CNT, chrysotile asbestos, imogolite [3], and many structures in biological systems are known to have tubular structures, resulting from anisotropic growth in one particular orientation. In the case of CNT, the presence of catalytic metal particles in the tubule formation appears to control a tubular morphology. In general, the formation of nanometer-scale tubular structures is caused mostly by molecular conformation of a building block unit or a total energy minimization of the tubular structure system.

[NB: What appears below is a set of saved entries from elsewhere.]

-- ===== src/Base/Rows.antt =====
-- A table of a relational database: its rows in the order of insertion, each with a key. The
-- queries and updates that the repositories send are written with these.
pub mod Keys
pub mod Choice
pub mod Groups
pub mod Pages
pub mod Queries
pub mod Sweep
pub mod TwoKeys
use Prim.Native.Nat.{ℕ, suc}
use mathlib.Core.Path.{◌≡◌}
use mathlib.Core.Bool.{Bool}
use mathlib.Core.Option.{Option, none, some}
use mathlib.Core.List.{List, [], ◌∷◌}
use onion_architecture.Base.Booleans.{leb, ◌==◌, if◌then◌else◌}

-- A property of every row.
abbrev pub All {ℓ κ} : {A : Type ℓ} → (A → Type κ) → List A → Type κ
All P [] = Unit
All P (x ∷ xs) = P x × All P xs

module _ {R : Type 0} where
  -- `findMany({ where })`
  unfoldable pub select : (R → Bool) → List R → List R
  select p [] = []
  select p (r ∷ rs) = if p r then r ∷ select p rs else select p rs

  -- `findFirst({ where })`
  unfoldable pub first : (R → Bool) → List R → Option R
  first p [] = none
  first p (r ∷ rs) = if p r then some r else first p rs

  -- `count({ where })`
  unfoldable pub count_where : (R → Bool) → List R → ℕ
  count_where p [] = 0
  count_where p (r ∷ rs) = if p r then suc (count_where p rs) else count_where p rs

  -- `updateMany({ where, data })`
  unfoldable pub update_many : (R → Bool) → (R → R) → List R → List R
  update_many p f [] = []
  update_many p f (r ∷ rs) = (if p r then f r else r) ∷ update_many p f rs

  -- The lesser of a row and the best of the later rows; the earlier row wins a tie.
  unfoldable pub better : (R → ℕ) → R → Option R → Option R
  better key r none = some r
  better key r (some s) = if leb (key r) (key s) then some r else some s

  -- `SELECT ... WHERE ... ORDER BY key ASC LIMIT 1`
  unfoldable pub select_min : (R → Bool) → (R → ℕ) → List R → Option R
  unfolding better
  select_min p key [] = none
  select_min p key (r ∷ rs) =
      if p r then better key r (select_min p key rs) else select_min p key rs

module _ {R : Type 0} (id : R → ℕ) where
  -- `findUnique({ where: { id } })`
  unfoldable pub find : ℕ → List R → Option R
  find i [] = none
  find i (r ∷ rs) = if id r == i then some r else find i rs

  -- `update({ where: { id }, data })`, where the row is there
  unfoldable pub modify : ℕ → (R → R) → List R → List R
  modify i f [] = []
  modify i f (r ∷ rs) = (if id r == i then f r else r) ∷ modify i f rs

  -- No two rows have one key.
  abbrev pub Keyed : List R → Type 0
  Keyed [] = Unit {0}
  Keyed (r ∷ rs) = (find (id r) rs ≡ none) × Keyed rs

-- `groupBy({ by: [key], where, _count })`: a key and the number of its rows, for each key that
-- has a row.
unfoldable pub add_one : ℕ → List (ℕ × ℕ) → List (ℕ × ℕ)
add_one k [] = (k, 1) ∷ []
add_one k ((j, n) ∷ g) = if j == k then (j, suc n) ∷ g else (j, n) ∷ add_one k g

module _ {R : Type 0} where
  unfoldable pub group_count : (R → ℕ) → (R → Bool) → List R → List (ℕ × ℕ)
  unfolding add_one
  group_count key p [] = []
  group_count key p (r ∷ rs) =
      if p r then add_one (key r) (group_count key p rs) else group_count key p rs

-- `new Map(pairs).get(k)`, where no key is given twice
unfoldable pub lookup : ℕ → List (ℕ × ℕ) → Option ℕ
lookup k [] = none
lookup k ((j, n) ∷ g) = if j == k then some n else lookup k g
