-- ===== src/Base/Rows/Sweep.antt =====
-- Rows that a query returned are updated one by one, under their keys: the same as one update of
-- all of them.
use Prim.Native.Nat.{ℕ, suc}
use mathlib.Core.Path.{◌≡◌, refl, ap, ◌∙◌}
use mathlib.Core.Logic.{◌≢◌, inl, inr}
use mathlib.Core.Bool.{Bool, true}
use mathlib.Core.Option.{none, some}
use mathlib.Core.List.{List, [], ◌∷◌}
use native.Mathlib.Omega.{arith}
use onion_architecture.Base.Booleans.{◌==◌, Bool-cases}
use onion_architecture.Base.Rows.{All, find, modify, update_many, select, count_where, Keyed}

module _ {ℓ} {A : Type ℓ} where
  abbrev pub length : List A → ℕ
  length [] = 0
  length (x ∷ xs) = suc (length xs)

pub length-select :
    {R : Type 0} (p : R → Bool) (rs : List R) → length (select p rs) ≡ count_where p rs
unfolding select count_where
length-select p [] = refl
length-select p (r ∷ rs) = ground (arith, length-select p rs)

pub All-select_holds :
    {R : Type 0} (p : R → Bool) (rs : List R) → All (λ r. p r ≡ true) (select p rs)
unfolding select
All-select_holds p [] = tt
All-select_holds p (r ∷ rs) = elim (Bool-cases (p r)) [
  | inl e ↦ rw e (e, All-select_holds p rs)
  | inr e ↦ rw e (All-select_holds p rs)
]

pub All-select :
    {R : Type 0} (P : R → Type 0) (p : R → Bool) (rs : List R) → All P rs → All P (select p rs)
unfolding select
All-select P p [] h = tt
All-select P p (r ∷ rs) h = elim (Bool-cases (p r)) [
  | inl e ↦ rw e (h.0, All-select P p rs h.1)
  | inr e ↦ rw e (All-select P p rs h.1)
]

pub All-mono :
    {R : Type 0} (P Q : R → Type 0) → ((r : R) → P r → Q r) → (rs : List R) → All P rs → All Q rs
All-mono P Q f [] h = tt
All-mono P Q f (r ∷ rs) h = (f r h.0, All-mono P Q f rs h.1)

module _ {R : Type 0} (id : R → ℕ) where
  abbrev pub Distinct : List R → Type 0
  Distinct [] = Unit {0}
  Distinct (c ∷ cs) = All (λ d. id d ≢ id c) cs × Distinct cs

  -- A key that is not found is that of no row.
  none-All : (i : ℕ) (rs : List R) → find id i rs ≡ none → All (λ d. id d ≢ i) rs
  unfolding find
  none-All i [] h = tt
  none-All i (r ∷ rs) h = elim (Bool-cases (id r == i)) [
    | inl e ↦ absurd (ground arith)
    | inr e ↦ (ground arith, none-All i rs (rw e at h))
  ]

  pub select-Distinct : (p : R → Bool) (rs : List R) → Keyed id rs → Distinct (select p rs)
  unfolding select
  select-Distinct p [] k = tt
  select-Distinct p (r ∷ rs) k = elim (Bool-cases (p r)) [
    | inl e ↦ rw e (All-select _ p rs (none-All (id r) rs k.0), select-Distinct p rs k.1)
    | inr e ↦ rw e (select-Distinct p rs k.1)
  ]

  pub All-found : (rs : List R) → Keyed id rs → All (λ r. find id (id r) rs ≡ some r) rs
  unfolding find
  All-found [] k = tt
  All-found (r ∷ rs) k = (
    ground arith,
    All-mono (λ x. find id (id x) rs ≡ some x) (λ x. find id (id x) (r ∷ rs) ≡ some x)
        (λ x e. ground (arith, k.0, e)) rs (All-found rs k.1),
  )

  module _ (f : R → R) where
    unfoldable pub sweep : List R → List R → List R
    sweep [] rs = rs
    sweep (c ∷ cs) rs = sweep cs (modify id (id c) f rs)

    modify-none : (i : ℕ) (rs : List R) → find id i rs ≡ none → modify id i f rs ≡ rs
    unfolding find modify
    modify-none i [] h = refl
    modify-none i (r ∷ rs) h = elim (Bool-cases (id r == i)) [
      | inl e ↦ absurd (ground arith)
      | inr e ↦ rw (e, modify-none i rs (rw e at h))
    ]

    modify-head :
        (r : R) (rs : List R) → find id (id r) rs ≡ none → modify id (id r) f (r ∷ rs) ≡ f r ∷ rs
    unfolding modify
    modify-head r rs h = ground (arith, modify-none (id r) rs h)

    sweep-cons :
        (x : R) (cs rs : List R) → All (λ c. id c ≢ id x) cs → sweep cs (x ∷ rs) ≡ x ∷ sweep cs rs
    unfolding sweep modify
    sweep-cons x [] rs h = refl
    sweep-cons x (c ∷ cs) rs h = elim (Bool-cases (id x == id c)) [
      | inl e ↦ absurd (h.0 (ground arith))
      | inr e ↦ rw e (sweep-cons x cs (modify id (id c) f rs) h.1)
    ]

    pub sweep-select :
        (p : R → Bool) (rs : List R)
        → ((r : R) → id (f r) ≡ id r)
        → Keyed id rs
        → sweep (select p rs) rs ≡ update_many p f rs
    unfolding sweep select update_many modify
    sweep-select p [] idf k = refl
    sweep-select p (r ∷ rs) idf k =
        let others = All-select (λ d. id d ≢ id r) p rs (none-All (id r) rs k.0) in
        elim (Bool-cases (p r)) [
          | inl e ↦ rw e (
              ap (sweep (select p rs)) (modify-head r rs k.0)
              ∙ sweep-cons (f r) (select p rs) rs (rw (idf r) others)
              ∙ ap (◌∷◌ (f r)) (sweep-select p rs idf k.1))
          | inr e ↦
              rw e (sweep-cons r (select p rs) rs others ∙ ap (◌∷◌ r) (sweep-select p rs idf k.1))
        ]
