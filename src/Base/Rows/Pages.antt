-- ===== src/Base/Rows/Pages.antt =====
-- The first rows of a sorted table, for `ORDER BY ... LIMIT n`.
use Prim.Native.Nat.{ℕ, zero, suc, ◌≤◌}
use mathlib.Core.Path.{◌≡◌, refl, ap}
use mathlib.Core.Logic.{◌⊎◌, inl, inr}
use mathlib.Core.Bool.{Bool, true}
use mathlib.Core.List.{List, [], ◌∷◌, ◌++◌}
use native.Mathlib.Omega.{arith}
use onion_architecture.Base.Rows.{All}
use onion_architecture.Base.Rows.Sweep.{length}
use onion_architecture.Base.Sort.{IsSorted}

module _ {R : Type 0} where
  abbrev pub take : ℕ → List R → List R
  take zero rs = []
  take (suc n) [] = []
  take (suc n) (r ∷ rs) = r ∷ take n rs

  abbrev pub drop : ℕ → List R → List R
  drop zero rs = rs
  drop (suc n) [] = []
  drop (suc n) (r ∷ rs) = drop n rs

  -- A page is no longer than its limit, and falls short of it only if nothing is left.
  pub length-take : (n : ℕ) (rs : List R) → length (take n rs) ≤ n
  length-take zero rs = omega arith
  length-take (suc n) [] = omega arith
  length-take (suc n) (r ∷ rs) = omega (arith, length-take n rs)

  pub drop-full : (n : ℕ) (rs : List R) → (drop n rs ≡ []) ⊎ (length (take n rs) ≡ n)
  drop-full zero rs = inr refl
  drop-full (suc n) [] = inl refl
  drop-full (suc n) (r ∷ rs) = elim (drop-full n rs) [ inl e ↦ inl e | inr e ↦ inr (ap suc e) ]

  -- The page, and what is left, make up the rows.
  pub take-drop : (n : ℕ) (rs : List R) → take n rs ++ drop n rs ≡ rs
  take-drop zero rs = refl
  take-drop (suc n) [] = refl
  take-drop (suc n) (r ∷ rs) = ap (r ∷◌) (take-drop n rs)

  module _ (P : R → Type 0) where
    pub All-take : (n : ℕ) (rs : List R) → All P rs → All P (take n rs)
    All-take zero rs h = tt
    All-take (suc n) [] h = tt
    All-take (suc n) (r ∷ rs) h = (h.0, All-take n rs h.1)

    pub All-drop : (n : ℕ) (rs : List R) → All P rs → All P (drop n rs)
    All-drop zero rs h = h
    All-drop (suc n) [] h = h
    All-drop (suc n) (r ∷ rs) h = All-drop n rs h.1

  module _ (le : R → R → Bool) where
    pub take-IsSorted : (n : ℕ) (rs : List R) → IsSorted le rs → IsSorted le (take n rs)
    take-IsSorted zero rs h = tt
    take-IsSorted (suc n) [] h = tt
    take-IsSorted (suc n) (r ∷ rs) h = (All-take _ n rs h.0, take-IsSorted n rs h.1)

    -- What is on the page comes before what is not.
    pub take-before-drop :
        (n : ℕ) (rs : List R)
        → IsSorted le rs
        → All (λ r. All (λ s. le r s ≡ true) (drop n rs)) (take n rs)
    take-before-drop zero rs h = tt
    take-before-drop (suc n) [] h = tt
    take-before-drop (suc n) (r ∷ rs) h = (All-drop _ n rs h.0, take-before-drop n rs h.1)
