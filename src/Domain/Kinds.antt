-- ===== src/Domain/Kinds.antt =====
-- What the numbers of the model stand for.
use onion_architecture.Base.{ℕ}

-- A text, by its place in the collation order; 0 is the empty text.
abbrev pub Text : Type 0
Text = ℕ

-- Milliseconds since the epoch.
abbrev pub Millis : Type 0
Millis = ℕ

abbrev pub Cents : Type 0
Cents = ℕ

-- The bit pattern of a double that is not NaN.
abbrev pub Double : Type 0
Double = ℕ
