-- ===== src/Domain/Enums.antt =====
-- The enums of backend/src/core/domain/enums, and their tests for equality.
use onion_architecture.Base.{Bool, true, false}

pub data SlotStatus : Type 0 where
  disponible reservada ocupada no_disponible : SlotStatus

pub data SlotType : Type 0 where
  regular moto electrico discapacitados : SlotType

pub data ReservationStatus : Type 0 where
  pending confirmed expired cancelled completed : ReservationStatus

pub data SessionStatus : Type 0 where
  active completed : SessionStatus

pub data PaymentStatus : Type 0 where
  pending approved rejected : PaymentStatus

-- `status === ReservationStatus.X`
unfoldable pub same_status : ReservationStatus → ReservationStatus → Bool
same_status ReservationStatus.pending ReservationStatus.pending = true
same_status ReservationStatus.confirmed ReservationStatus.confirmed = true
same_status ReservationStatus.expired ReservationStatus.expired = true
same_status ReservationStatus.cancelled ReservationStatus.cancelled = true
same_status ReservationStatus.completed ReservationStatus.completed = true
same_status _ _ = false

unfoldable pub same_type : SlotType → SlotType → Bool
same_type regular regular = true
same_type moto moto = true
same_type electrico electrico = true
same_type discapacitados discapacitados = true
same_type _ _ = false

abbrev pub is_disponible : SlotStatus → Bool
is_disponible disponible = true
is_disponible _ = false

-- Occupied or reserved: the `status: { in: [OCUPADA, RESERVADA] }` of the occupancy summary.
abbrev pub is_taken : SlotStatus → Bool
is_taken ocupada = true
is_taken reservada = true
is_taken _ = false

-- `status: { in: [PENDING, CONFIRMED] }`
abbrev pub is_live : ReservationStatus → Bool
is_live ReservationStatus.pending = true
is_live ReservationStatus.confirmed = true
is_live _ = false

abbrev pub is_running : SessionStatus → Bool
is_running SessionStatus.active = true
is_running SessionStatus.completed = false

abbrev pub is_paid : PaymentStatus → Bool
is_paid approved = true
is_paid _ = false
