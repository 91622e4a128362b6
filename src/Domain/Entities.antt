-- ===== src/Domain/Entities.antt =====
-- The entities of backend/src/core/domain/entities, with their methods.
use onion_architecture.Base.{Bool, Option}
use onion_architecture.Domain.Kinds.{Text, Millis, Cents, Double}
use onion_architecture.Domain.Enums.{
  SlotStatus, SlotType, ReservationStatus, SessionStatus, PaymentStatus, same_status, is_disponible,
  is_running, is_paid,
}

pub record Branch : Type 0 where
  pub id : Text
  pub name : Text
  pub address : Text
  pub lat : Double
  pub lng : Double
  pub price_per_hour : Cents
  pub created_at : Millis

pub record ParkingSlot : Type 0 where
  pub id : Text
  pub branch_id : Text
  pub code : Text
  pub type : SlotType
  pub status : SlotStatus
  pub updated_at : Millis

pub record Reservation : Type 0 where
  pub id : Text
  pub user_id : Text
  pub branch_id : Text
  pub slot_id : Text
  pub requested_type : SlotType
  pub status : ReservationStatus
  pub created_at : Millis
  pub start_at : Millis
  pub expires_at : Millis
  pub confirmed_at : Option Millis

pub record ParkingSession : Type 0 where
  pub id : Text
  pub reservation_id : Text
  pub user_id : Text
  pub slot_id : Text
  pub status : SessionStatus
  pub entry_at : Millis
  pub exit_at : Option Millis

pub record Payment : Type 0 where
  pub id : Text
  pub session_id : Text
  pub user_id : Text
  pub amount : Cents
  pub status : PaymentStatus
  pub external_reference : Option Text
  pub paid_at : Option Millis
  pub created_at : Millis

-- `ParkingSlot.isAvailable`
abbrev pub is_available : ParkingSlot → Bool
is_available s = is_disponible s.status

-- `Reservation.isPending`
abbrev pub is_pending : Reservation → Bool
is_pending r = same_status r.status ReservationStatus.pending

-- `ParkingSession.isActive`
abbrev pub is_active : ParkingSession → Bool
is_active s = is_running s.status

-- `Payment.isApproved`
abbrev pub is_approved : Payment → Bool
is_approved p = is_paid p.status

We have recently examined aluminum oxy-hydroxide gamma-AlOOH, boehmite, which has been known to form into a variety of morphologies from a fibril, low-dimensional sheet, platelets, to bulk crystal, depending on a synthesis process. One of them is a quasi-one-dimensional fibril structure, which grows in an aqueous solution as a sol form. We have studied detailed morphology of this fibril boehmite and found that the fibril grows selectively parallel to the c-axis and does not form in a tubular structure but a nanometer-sized ribbon [4]. Electronic energy band gaps of such a ribbon have been studied and showed interesting size-dependent band gaps [5]. The growth was not promoted by a particular catalytic substance so that such an anisotropic growth should be originated from the boehmite structure itself and surroundings.
- Iijima, Nature, 345, 56-58 (1991).
- Iijima, J. Appl. Phys., 42, 5891-5893 (1971).
- Wada et al., Amer. Mineral., 54, 50 (1969).
- Iijima et al., PNAS, 113, 11759-11764 (2016).
- M. Toyoda & S. Saito,private communication 2017.